Effect of K5 on Drosophila melanogaster lifespan and gene expression of senescence‐related genes. (A) The panel shows the initial experiment testing two concentrations of K5 (10 μg/mL and 100 μg/mL) compared to control (CTRL) using 100 flies per group. Both concentrations showed improved survival, with a statistically significant effect (p = 0.034). Interestingly, the lower dose (10 μg/mL) appeared to perform better than the higher dose (100 μg/mL). (B) The graph represents the same data of panel A without the 100 μg/mL K5 group. Statistics are computed only by comparing the 10 μg/mL K5 group vs controls (CTRL). Here, the survival benefit becomes more evident, with K5‐treated flies showing consistently better survival throughout their lifespan (p = 0.012). The survival curves diverge, with K5‐treated flies maintaining higher survival rates than controls. (C) The panel presents an exciting finding in a larger population (n = 884, 445 males and 439 females) where K5 treatment (10 μg/mL) was started later in life (at day 20). Even with this delayed treatment start, K5 showed significant beneficial effects (p = 0.003). The data show that K5‐treated flies lived 50.69 days (±0.79 SE) on average, a 6.63% increase compared to control flies (47.54 days ± 0.74 SE). (D) The graph shows the relative expression levels (2^−ΔCt) of Dap, Upd2, and Upd3 in the K5‐treated group (10 μg/mL, red) and the control group (cyan). Dap expression was similar between groups, with no significant difference. In contrast, Upd2 and Upd3 expression levels were significantly lower in the K5‐treated group than in controls (*p < 0.05). Data represent means (±SD) from three independent experiments performed in triplicate, with individual means shown as single dots. (E, F) The graphs show the survival data from panel C, restricted to females (E, p = 0.002) and males (F, p = 0.044). These findings suggest that K5 extends lifespan when administered throughout life, reduces senescence markers, and provides benefits when treatment begins in mature flies. Notably, the effects were significant in both females and males, highlighting its potential therapeutic value even when intervention starts later in life.

FIGURE 5

Live imaging and cellular senescence markers of p16‐3MR mice from the pilot study. (A) Average ventral (left) and dorsal (right) Luminescence of p16‐3MR mice treated with K5 (n = 9) compared to control p16‐3MR mice (n = 8) of the same age. All mice were treated at the age of 25 months. Data are expressed as mean (95% CI). *p < 0.05 by Wilcoxon test. (B) Representative images of p16‐3MR mice treated with K5 and untreated controls. (C) Expression of p21 and p53 and percentage of cells positive for SA‐β‐gal in ear biopsies of mice treated with K5 (n = 5–8).
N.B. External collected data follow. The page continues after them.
-- ===== src/VhostUser/Bitmap.antt =====
-- The dirty-page log of live migration: a bitmap of the guest's pages in memory that is shared
-- with the front-end, one byte for eight pages. (vhost-user/src/bitmap.rs)
pub mod Pages
pub mod Marking
pub mod Laws
use virtio_device_poc.Base.{
  ℕ, zero, suc, ◌+◌, ◌-◌, ◌*◌, ◌/◌, ◌%◌, ◌^◌, Bool, true, false, not, Option, none, some, List, [],
  ◌∷◌, Result, ok, err, ◌==◌, ltb, leb, if◌then◌else◌, ◌>>=◌, min, bit_and, bit_or, length,
  get_elem?, set,
}
use mathlib.Core.Option

pub data IoError : Type 0 where
  invalid_data unsupported : IoError
  os_error : ℕ → IoError

abbrev pub log_page_size : ℕ
log_page_size = 0x1000

abbrev pub log_word_size : ℕ
log_word_size = 8

-- usize has 64 bits.
abbrev pub usize_end : ℕ
usize_end = 2 ^ 64

abbrev pub checked_add : ℕ → ℕ → Option ℕ
checked_add a b = if ltb (a + b) usize_end then some (a + b) else none

abbrev pub saturating_add : ℕ → ℕ → ℕ
saturating_add a b = min (a + b) (usize_end - 1)

abbrev pub page_number : ℕ → ℕ
page_number addr = addr / log_page_size

abbrev pub page_word : ℕ → ℕ
page_word page = page / log_word_size

abbrev pub page_bit : ℕ → ℕ
page_bit page = page % log_word_size

-- The mapped bytes of an MmapLogReg; its `len` is their number. An index out of range panics.
abbrev pub LogMem : Type 0
LogMem = List ℕ

-- `MmapLogReg::from_file`: `mmap` is the system call. The offset has to fit isize, and so has the
-- length.
unfoldable pub from_file : (ℕ → ℕ → Result LogMem ℕ) → ℕ → ℕ → Result LogMem IoError
from_file mmap offset len =
    if leb (2 ^ 63) offset
    then err invalid_data
    else if leb (2 ^ 63) len
    then err invalid_data
    else elim (mmap offset len) [ ok bytes ↦ ok bytes | err e ↦ err (os_error e) ]

-- The bitmap of one region, at its place in the shared log.
pub record AtomicBitmapMmap : Type 0 where
  pub pages_before_region : ℕ
  pub number_of_pages : ℕ

-- `MemRegionBitmap::new` for a region, given by its start and its length.
unfoldable pub new : ℕ → ℕ → LogMem → Result AtomicBitmapMmap IoError
new start_addr len logmem =
    if len == 0 then err invalid_data else elim (checked_add start_addr (len - 1)) [
      | none ↦ err invalid_data
      | some end_addr ↦
          if leb (length logmem) (page_word (page_number end_addr))
          then err invalid_data
          else ok (record {
            pages_before_region = page_number start_addr;
            number_of_pages = page_number len;
          })
    ]

-- `fetch_or` of one page's bit.
unfoldable pub mark_page : LogMem → ℕ → Option LogMem
mark_page logmem page =
    Option.map (λ byte. set logmem (page_word page) (bit_or byte (2 ^ page_bit page)))
      (get_elem? logmem (page_word page))

-- The loop over the pages from `page` on, with the rounds left; it ends at the region's end.
unfoldable pub mark_pages : AtomicBitmapMmap → ℕ → ℕ → LogMem → Option LogMem
mark_pages b zero page logmem = some logmem
mark_pages b (suc rounds) page logmem =
    if leb b.number_of_pages page
    then some logmem
    else elim (mark_page logmem (b.pages_before_region + page)) [
      | none ↦ none
      | some logmem' ↦ mark_pages b rounds (page + 1) logmem'
    ]

unfoldable pub mark_dirty : AtomicBitmapMmap → ℕ → ℕ → LogMem → Option LogMem
mark_dirty b offset len logmem =
    let first_page = page_number offset in
    let last_page = page_number (saturating_add offset (len - 1)) in
    let marked = mark_pages b (last_page + 1 - first_page) first_page logmem in
    if len == 0 then some logmem else marked

unfoldable pub dirty_at : AtomicBitmapMmap → ℕ → LogMem → Option Bool
dirty_at b offset logmem =
    let page = page_number offset in
    if leb b.number_of_pages page
    then some false
    else Option.map (λ byte. not (bit_and byte (2 ^ page_bit (b.pages_before_region + page)) == 0))
        (get_elem? logmem (page_word (b.pages_before_region + page)))

-- A BitmapMmapRegion: what the slices of a region share, and the address where a slice begins.
pub record Shared : Type 0 where
  pub inner : Option AtomicBitmapMmap
  pub logmem : LogMem

-- The effect at an absolute offset; there is none if the address overflowed.
unfoldable pub region_mark_at : Option ℕ → ℕ → Shared → Option Shared
region_mark_at none len s = some s
region_mark_at (some absolute) len s = elim s.inner [
  | none ↦ some s
  | some bitmap ↦
      Option.map (λ logmem. record s { logmem = logmem }) (mark_dirty bitmap absolute len s.logmem)
]

unfoldable pub region_mark_dirty : ℕ → ℕ → ℕ → Shared → Option Shared
unfolding region_mark_at
region_mark_dirty base_address offset len s = region_mark_at (checked_add base_address offset) len s

unfoldable pub region_dirty_with : Option AtomicBitmapMmap → ℕ → LogMem → Option Bool
region_dirty_with none absolute logmem = some false
region_dirty_with (some bitmap) absolute logmem = dirty_at bitmap absolute logmem

unfoldable pub region_dirty_at : ℕ → ℕ → Shared → Option Bool
unfolding region_dirty_with
region_dirty_at base_address offset s =
    region_dirty_with s.inner (saturating_add base_address offset) s.logmem

unfoldable pub slice_at : ℕ → ℕ → ℕ
slice_at base_address offset = saturating_add base_address offset

unfoldable pub replace : AtomicBitmapMmap → LogMem → Shared → Shared
replace bitmap logmem s = record { inner = some bitmap; logmem = logmem }
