-- ===== src/VhostUser/Handler/Types.antt =====
-- The handler's state, its errors and its replies, and the device that it drives.
-- (vhost-user/src/handler.rs; the trait VhostUserDevice is in vhost-user/src/backend.rs)
use virtio_device_poc.Base.{
  ℕ, ◌≡◌, Bool, Option, none, some, List, [], ◌∷◌, Result, ok, ◌>>=◌, false,
}
use virtio_device_poc.VhostUser.Host.{Host}
use virtio_device_poc.VhostUser.Vring.{Vring, World, new}
use virtio_device_poc.VhostUser.Bitmap.{AtomicBitmapMmap, LogMem, IoError}

pub data Reason : Type 0 where
  already_claimed not_supported : Reason

pub data Cause : Type 0 where
  missing_memory_mapping : Cause
  memory_error : ℕ → Cause
  log_error : IoError → Cause

-- The errors of vhost::vhost_user that the handler answers with.
pub data VhostUserError : Type 0 where
  invalid_operation : Reason → VhostUserError
  invalid_param backend_internal_error : VhostUserError
  inactive_feature : ℕ → VhostUserError
  mmap_error : ℕ → VhostUserError
  req_handler_error : Cause → VhostUserError

-- An answer, an error, or a panic (an `unwrap` of an error, an index out of range).
pub data Reply (A : Type 0) : Type 0 where
  reply : A → Reply A
  refuse : VhostUserError → Reply A
  panic : Reply A

pub record AddrMapping : Type 0 where
  pub vmm_addr : ℕ
  pub size : ℕ
  pub gpa_base : ℕ

-- A VhostUserDevice. `none` is a panic of the device.
pub record Device (h : Host) : Type 1 where
  pub State : Type 0
  pub protocol_features : State → ℕ
  pub avail_features : State → ℕ
  pub set_acked_features : State → ℕ → Option State
  pub queues : State → List ℕ
  pub read_config : State → ℕ → ℕ → Option (Result (List ℕ) ℕ)
  pub write_config : State → ℕ → List ℕ → State × Result (Unit {0}) ℕ
  pub activate : State → h.Mem → List (Vring h) → Option (State × Result (Unit {0}) ℕ)
  pub stop : State → State
  pub reset : State → State × Result Bool ℕ
  pub set_gpu_socket : State → ℕ → State

-- The offered features do not depend on what the device went through.
pub record DeviceLaws (h : Host) (d : Device h) : Type 0 where
  pub offers-set_acked :
      (x y : d.State) (features : ℕ)
      → d.set_acked_features x features ≡ some y
      → d.avail_features y ≡ d.avail_features x
  pub offers-write :
      (x : d.State) (offset : ℕ) (buf : List ℕ)
      → d.avail_features (d.write_config x offset buf).0 ≡ d.avail_features x
  pub offers-activate :
      (x y : d.State) (mem : h.Mem) (vrings : List (Vring h)) (r : Result (Unit {0}) ℕ)
      → d.activate x mem vrings ≡ some (y, r)
      → d.avail_features y ≡ d.avail_features x
  pub offers-reset : (x : d.State) → d.avail_features (d.reset x).0 ≡ d.avail_features x
  pub offers-set_gpu_socket :
      (x : d.State) (gpu_backend : ℕ)
      → d.avail_features (d.set_gpu_socket x gpu_backend) ≡ d.avail_features x

module _ (h : Host) (d : Device h) where
  -- VhostUserHandler without the optional postcopy support. `world` is what the rings share with
  -- the workers; `log` and `installed` are the migration log and the bitmaps of the regions, by
  -- the region's start.
  pub record VhostUserHandler : Type 0 where
    pub device : d.State
    pub device_activated : Bool
    pub memory_updated : Bool
    pub requested_queues : List ℕ
    pub owned : Bool
    pub features_acked : Bool
    pub acked_features : ℕ
    pub acked_protocol_features : ℕ
    pub mappings : List AddrMapping
    pub atomic_mem : h.Mem
    pub vrings : List (Vring h)
    pub world : World h
    pub log : LogMem
    pub installed : ℕ → Option AtomicBitmapMmap

  -- `collect` of the rings: the first error ends it.
  unfoldable pub new_vrings : List ℕ → Result (List (Vring h)) ℕ
  new_vrings [] = ok []
  new_vrings (q ∷ qs) = new h q >>= λ v. new_vrings qs >>= λ vs. ok (v ∷ vs)

  -- `VhostUserHandler::new`: CreateVring is the only error.
  unfoldable pub new_handler : d.State → h.Mem → World h → Result VhostUserHandler ℕ
  unfolding new_vrings
  new_handler device mem world = new_vrings (d.queues device) >>= λ vrings. ok (record {
    device = device;
    device_activated = false;
    memory_updated = false;
    requested_queues = d.queues device;
    owned = false;
    features_acked = false;
    acked_features = 0;
    acked_protocol_features = 0;
    mappings = [];
    atomic_mem = mem;
    vrings = vrings;
    world = world;
    log = [];
    installed = λ start. none;
  })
Data are shown as mean (95% CI). *p < 0.05 by Wilcoxon test. (D) Circulating levels of IL‐6 and IL‐1β in mice treated with K5 (n = 9; 5F and 4 M). Data are expressed as mean (95% CI). *p < 0.05 by Wilcoxon test.

FIGURE 6

Clinical and functional status of geriatric mice (> 30 months) treated with K5. (A) Glucose, Creatinine, GOT, and GPT serum concentrations in treated mice compared to the control group. Data are expressed as mean (95% CI). (B) Body weight of male and female mice. Data are expressed as mean (95% CI). (C) Frailty Index, Physical function, and Vitality Score adjusted for baseline levels. Data are expressed as mean (95% CI). *p < 0.05 by Mann–Whitney U test.

FIGURE 7

Cellular senescence markers in geriatric mice (> 30 months) treated with K5. (A) Circulating IL‐6 and IL‐1b levels in mice treated with K5 versus controls. Data are expressed as mean (95% CI). *p < 0.05 by General Linear Model (GLM) with a univariate approach, adjusting for sex as a covariate. (B) Multiorgan SA‐β‐gal assay showed as the mean % of SA‐β‐galactosidase positive cells (% SA‐β‐gal⁺ cells) of K5 (n = 20) and control (n = 20) mice analyzed in kidney, liver, lung, cortex, heart, quadriceps, cerebellum, pancreas, gastrocnemius, and hippocampus. Data are expressed as mean (95% CI). *p < 0.05 by General Linear Model (GLM) with a univariate approach, adjusting for sex as a covariate.